Tuesday, August 08, 2006

CHP Officer Killed in the Line of Duty

A friend of Chris' was killed in the line of duty. Please pray for the Clearman family. I really identify with the wife because she is a Marine wife, cop wife and a police dispatcher just like me. I just feel so awful for this family. We will be attending the funeral Thursday. There is not much else to say...Til later.

Thursday, August 03, 2006

I know You are with me


I am having kind of a rough time lately. I took myself off my Zoloft, (after eleven years), and I did Ok, for a little while and then I totally crashed. Good thing is I am back on them, bad thing is it takes 4-5 weeks for them to get back into the system, and I have almost 3 weeks to go.
Eleven years ago, right before I was diagnosed with depression cause by a lack of serratonin (sp?), my thoughts were repetitive and every bad thought I had, I felt the need to "confess" to Chris. I felt like I didn't love him any more, and I told him so. This was before we were married, and he stuck by me. He knew, I was not myself, and lucky for me, he was willing to stick around until I "came back." I now realize that back then the depression manifested in attacking what, at that time, was the worst thing I felt could happen to me; losing Chris.
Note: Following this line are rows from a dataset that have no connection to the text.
-- ===== src/Store/Tests.antt =====
-- MemStore (internal/store/store.go) on concrete slots.
use gmmff.Prelude.{◌≡◌, refl, false, none, []}
use gmmff.Prelude.Bytes.{Bytes, codes, bytes_eq}
use gmmff.Prelude.Assoc.{lookup, insert}
use gmmff.Slot.{Slot, waiting}
use gmmff.Store.{found}
use gmmff.Store.Mem.{empty, create, update, delete, get_by_code, stored}
use gmmff.Store.MemCodes.{IsIndexed}
use gmmff.Store.MemIndex.{Reached, starts, creates, updates, deletes, Reached-IsIndexed}

abbrev slot_of : Bytes → Bytes → Slot
slot_of id code = record {
  id = id;
  code = code;
  state = waiting;
  session_type = codes "files";
  created_at = 0;
  expires_at = 600000000000;
  initiator_id = codes "alice";
  peer_ids = [];
  max_peers = 2;
  ever_full = false;
}

abbrev first : Slot
first = slot_of (codes "s1") (codes "amber-otter-seven")

abbrev second : Slot
second = slot_of (codes "s2") (codes "velvet-canyon-hill")

-- The second slot is created while the first is stored, updated, and the first is deleted.
history : Reached (delete first.id (update second (create second (create first empty).0).0).0).0
unfolding create lookup empty insert bytes_eq
history =
    deletes first.id
      (updates second second (creates second (creates first starts refl) refl) refl refl)

Reached-IsIndexed_example :
    IsIndexed (delete first.id (update second (create second (create first empty).0).0).0).0
Reached-IsIndexed_example = Reached-IsIndexed history

first-Reached : Reached (create first empty).0
unfolding lookup empty
first-Reached = creates first starts refl

first_stored : stored second.id (create first empty).0 ≡ none
unfolding create lookup empty insert bytes_eq
first_stored = refl

first_found : (get_by_code first.code (create first empty).0).1 ≡ found first
unfolding create lookup empty insert bytes_eq get_by_code
first_found = refl
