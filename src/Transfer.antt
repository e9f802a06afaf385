-- ===== src/Transfer.antt =====
-- internal/transfer/transfer.go: the file transfer protocol over a data channel. `Frames` has the wire
-- format, `Names` the names under which files are saved, `Receive` the in-memory receiver and `Window`
-- the send loop; the other modules are about these.
pub mod Frames
pub mod Roundtrip
pub mod Names
pub mod SafeNames
pub mod Receive
pub mod Integrity
pub mod Delivery
pub mod Window
pub mod Advance
pub mod Flow
pub mod Ending
pub mod Folder
pub mod Partial
mod Tests
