-- ===== src/Transfer/Window.antt =====
-- The sliding window of runFromReader in internal/transfer/transfer.go, from the sequence number at
-- which the receiver asked to start.
use gmmff.Prelude.{
  ℕ, suc, ◌+◌, ◌-◌, ◌%◌, ◌^◌, Bool, true, false, not, ◌&&◌, ◌||◌, List, [], ◌∷◌, ◌++◌, Option, none,
  some, ltb, leb, ◌==◌, if◌then◌else◌,
}
use gmmff.Prelude.Int.{ℤ, pos, pos_part, ltb_ℤ}
use gmmff.Prelude.Bytes.{Bytes}
use gmmff.Transfer.Frames.{chunk_frame, tag_cancelled, tag_transfer_done}

abbrev pub default_chunk_size : ℕ
default_chunk_size = 65526

abbrev pub max_chunk_size : ℕ
max_chunk_size = 65526

-- The tests of NewSender.
unfoldable pub clamp_window : ℤ → ℕ
clamp_window w = if ltb_ℤ w (pos 1) then 1 else pos_part w

unfoldable pub clamp_chunk : ℤ → ℕ
clamp_chunk c =
    let c' = if ltb_ℤ c (pos 1) then pos default_chunk_size else c in
    pos_part (if ltb_ℤ (pos max_chunk_size) c' then pos max_chunk_size else c')

-- The variables of the loop, with what it has read from `r`, what it has sent, and the acknowledgements
-- that it has taken from their channel.
pub record Sending : Type 0 where
  pub base : ℕ
  pub next : ℕ
  pub file_eof : Bool
  pub consumed : Bytes
  pub sent : List Bytes
  pub acks : List ℕ

pub data ReadError : Type 0 where
  no_error end_of_file broken : ReadError

-- What the loop meets when it looks: a cancellation, an acknowledgement (`none` once its channel is
-- closed), or what Read returns, with whether the data channel takes the chunk.
pub data Event : Type 0 where
  ctx_done remote_cancel : Event
  ack : Option ℕ → Event
  reads : Bytes → ReadError → Bool → Event

pub data Stop : Type 0 where
  transferred cancelled cancelled_by_peer send_failed read_failed : Stop
  out_of_order : (got want : ℕ) → Stop

pub data Progress : Type 0 where
  going : Sending → Progress
  stopped : Stop → Sending → Progress

-- The numbers are uint64.
abbrev pub in_flight : Sending → ℕ
in_flight s = (s.next + 2 ^ 64 - s.base) % 2 ^ 64

abbrev after_cancel : Sending → Progress
after_cancel s = stopped cancelled (record s { sent = s.sent ++ (tag_cancelled ∷ []) ∷ [] })

-- The first case of the switch. A Read does not happen here.
unfoldable pub on_wait : Event → Sending → Progress
on_wait ctx_done s = after_cancel s
on_wait remote_cancel s = stopped cancelled_by_peer s
on_wait (ack none) s = stopped cancelled_by_peer s
on_wait (ack (some seq)) s =
    let t = record s { acks = s.acks ++ seq ∷ [] } in
    if seq == s.base
    then going (record t { base = suc s.base % 2 ^ 64 })
    else stopped (out_of_order seq s.base) t
on_wait (reads b e sent_ok) s = going s

abbrev after_read : ReadError → Sending → Progress
after_read no_error s = going s
after_read end_of_file s = going (record s { file_eof = true })
after_read broken s = stopped read_failed s

-- The second case. An acknowledgement stays in its channel.
unfoldable pub on_read : Event → Sending → Progress
on_read ctx_done s = after_cancel s
on_read remote_cancel s = stopped cancelled_by_peer s
on_read (ack a) s = going s
on_read (reads [] e sent_ok) s = after_read e s
on_read (reads (b ∷ bs) e sent_ok) s =
    let t = record s { consumed = s.consumed ++ b ∷ bs } in
    if sent_ok
    then after_read e
        (record t { next = suc s.next % 2 ^ 64; sent = s.sent ++ chunk_frame s.next (b ∷ bs) ∷ [] })
    else stopped send_failed t

-- The condition of the loop.
abbrev pub goes_on : Sending → Bool
goes_on s = not s.file_eof || ltb s.base s.next

unfoldable pub turn : ℕ → Event → Sending → Progress
unfolding on_wait on_read
turn window e s =
    if leb window (in_flight s) || (s.file_eof && ltb s.base s.next)
    then on_wait e s
    else if not s.file_eof && ltb (in_flight s) window
    then on_read e s
    else going s

-- The end of the loop; `sent_ok` is whether the data channel takes the tag.
unfoldable pub finish : Bool → Sending → Progress
finish sent_ok s =
    if sent_ok
    then stopped transferred (record s { sent = s.sent ++ (tag_transfer_done ∷ []) ∷ [] })
    else stopped send_failed s

abbrev pub after_turn : Progress → (Sending → Progress) → Progress
after_turn (going t) k = k t
after_turn (stopped stop t) k = stopped stop t

unfoldable pub send_loop : ℕ → Bool → List Event → Sending → Progress
unfolding turn finish
send_loop window tag_ok [] s = if goes_on s then going s else finish tag_ok s
send_loop window tag_ok (e ∷ es) s =
    if goes_on s then after_turn (turn window e s) (send_loop window tag_ok es) else finish tag_ok s

abbrev pub sending_from : ℕ → Sending
sending_from start = record {
  base = start;
  next = start;
  file_eof = false;
  consumed = [];
  sent = [];
  acks = [];
}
This time, I am more mature, I am able to rationalize, that this is temporary, I don't have anything wrong with me other than a chemical imbalance, and I just need to hang in there. However, this time the attack is manifesting in what is so important to me, especially now; my faith. I feel, at times, very far from God, and I KNOW it is me, and I know it is temporary, but I hate the way this feels. I know he is surrounding me with his love and patiently awaiting me to be back to my old self, but sometimes I feel so desolate. I started going back to my small group bible study, and I look forward to going to church on Sundays.I think that going to both of those is more important now than ever, because though I am weakened, I do have faith. I have faith that this will pass, I have faith God is with me and I know that part of being a good Christian is hanging in there, and believing, even when times are hard. I look into my son's eyes and I see that he is a gift from God, and things continue to happen in my life that demonstrates, so clearly, He is here and He is taking care of me. I just can't wait to feel right again. The devil may think he can pick at me, while I am down and not as strong, but he is wrong. I belong to God, and this is one fight that I will not lose.

Saturday, July 15, 2006

Please Pray for Bailey


I am a total dog nut. I have four dogs. I don't want to go into a lot of details. To tell you the truth, I am emotionaly exhausted from the past few days, but the bottom line is, all my dogs got taken away by animal control for killing a chihuahua and in the process they lost sweet Bailey. We are waiting to get the three that are in "jail" back, hopefully on Monday, but we have spend hours and hours the past 4 days searching for Bailey. I am a wreck, and I pray we find Bailey safe and OK, and that we can get the other three out of "hock" on Monday. Thanks.